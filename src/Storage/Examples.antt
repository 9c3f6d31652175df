-- ===== src/Storage/Examples.antt =====
-- The theorem on uploads at an object store that is a list of objects.
use mathlib.Core.Path.{subst}
use kase_ai.Prelude.{
  ℕ, String, ◌≡◌, ◌≢◌, refl, Bool, ◌&&◌, Option, none, some, List, [], ◌∷◌, length, ◌==◌, string_eq,
  Result, ok, err, ok_injective, ap, find, filter, not,
}
use kase_ai.Secrets.{Bytes}
use kase_ai.Storage.{
  ObjectHead, ObjectStore, IsObjectStore, StoredEvidence, key_of, parse_s3_uri, upload_evidence,
  download_evidence, verify_evidence, delete_artifact,
}
use kase_ai.Storage.Artifacts.{uploaded_evidence_found}

record Object : Type 0 where
  bucket : String
  key : String
  body : Bytes
  sha256 : String

abbrev is_at : String → String → Object → Bool
is_at bucket key o = o.bucket == bucket && o.key == key

abbrev body_of : Option Object → Option Bytes
body_of none = none
body_of (some o) = some o.body

abbrev head_of : Option Object → Option ObjectHead
head_of none = none
head_of (some o) = some (record { content_length = length o.body; sha256 = some o.sha256 })

abbrev written : Option Object → Object → List Object → Result ℕ (List Object)
written none o os = ok (o ∷ os)
written (some old) o os = err 412

abbrev objects : ObjectStore
objects = record {
  State = List Object;
  put = λ bucket key body sha256 os.
      written (find (is_at bucket key) os)
        (record { bucket = bucket; key = key; body = body; sha256 = sha256 }) os;
  head = λ bucket key os. head_of (find (is_at bucket key) os);
  get = λ bucket key os. body_of (find (is_at bucket key) os);
  delete = λ bucket key os. filter (λ o. not (is_at bucket key o)) os;
}

written-found :
    (bucket key : String) (body : Bytes) (sha256 : String) (known : Option Object)
    (os os' : List Object)
    → written known (record { bucket = bucket; key = key; body = body; sha256 = sha256 }) os
      ≡ ok os'
    → body_of (find (is_at bucket key) os') ≡ some body
written-found bucket key body sha256 none os os' e =
    let one = (string_eq.eqb_iff bucket bucket).1 refl in
    let other = (string_eq.eqb_iff key key).1 refl in
    let whole : body_of (
          find (is_at bucket key)
            (record { bucket = bucket; key = key; body = body; sha256 = sha256 } ∷ os))
        ≡ some body =
      rw (one, other) refl in
    subst (λ (l : List Object). body_of (find (is_at bucket key) l) ≡ some body) (ok_injective e)
      whole
written-found bucket key body sha256 (some old) os os' e = cc

head_of-body_of :
    (found : Option Object) (head : ObjectHead)
    → head_of found ≡ some head
    → (body : Bytes) × (body_of found ≡ some body) × (length body ≡ head.content_length)
head_of-body_of none head e = cc
head_of-body_of (some o) head e =
    let same : Path ObjectHead (record { content_length = length o.body; sha256 = some o.sha256 })
        head =
      cc in
    (o.body, refl, ap (λ (h : ObjectHead). h.content_length) same)

objects-IsObjectStore : IsObjectStore objects
objects-IsObjectStore = record {
  stored = λ bucket key body sha256 s s' e. written-found bucket key body sha256 _ s s' e;
  measured = λ bucket key head s e. head_of-body_of _ head e;
}

abbrev hash : Bytes → String
hash bytes = "e3b0"

abbrev log : Bytes
log = 104 ∷ 105 ∷ []

abbrev after_upload : List Object
after_upload =
    record { bucket = "evidence"; key = "prj_1/aud_1/e3b0"; body = log; sha256 = "e3b0" } ∷ []

abbrev stored_log : StoredEvidence
stored_log = record { uri = "s3://evidence/prj_1/aud_1/e3b0"; sha256 = "e3b0" }

upload_run :
    upload_evidence objects hash "evidence" "prj_1" "aud_1" log [] ≡ ok (stored_log, after_upload)
unfolding upload_evidence
upload_run = refl

some_name : ◌≢◌ {A = String} "evidence" ""
some_name = λ e. cc

found_example :
    (parse_s3_uri stored_log.uri ≡ ok ("evidence", key_of "prj_1" "aud_1" (hash log)))
    × (download_evidence objects hash "evidence" stored_log.uri after_upload ≡ ok log)
    × (verify_evidence objects hash "evidence" stored_log.uri stored_log.sha256
          (length log)
          after_upload
        ≡ ok tt)
found_example =
    uploaded_evidence_found objects hash "evidence" "prj_1" "aud_1" log stored_log [] after_upload
      after_upload objects-IsObjectStore some_name refl refl upload_run

deletion_run : delete_artifact objects hash "s3://evidence/prj_1/aud_1/e3b0" after_upload ≡ ok []
unfolding delete_artifact parse_s3_uri
deletion_run = refl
----
▸ Exercise brief: Take from the material above every line that includes the word "subst".

▸ Problem solution:
use mathlib.Core.Path.{subst}
    subst (λ (l : List Object). body_of (find (is_at bucket key) l) ≡ some body) (ok_injective e)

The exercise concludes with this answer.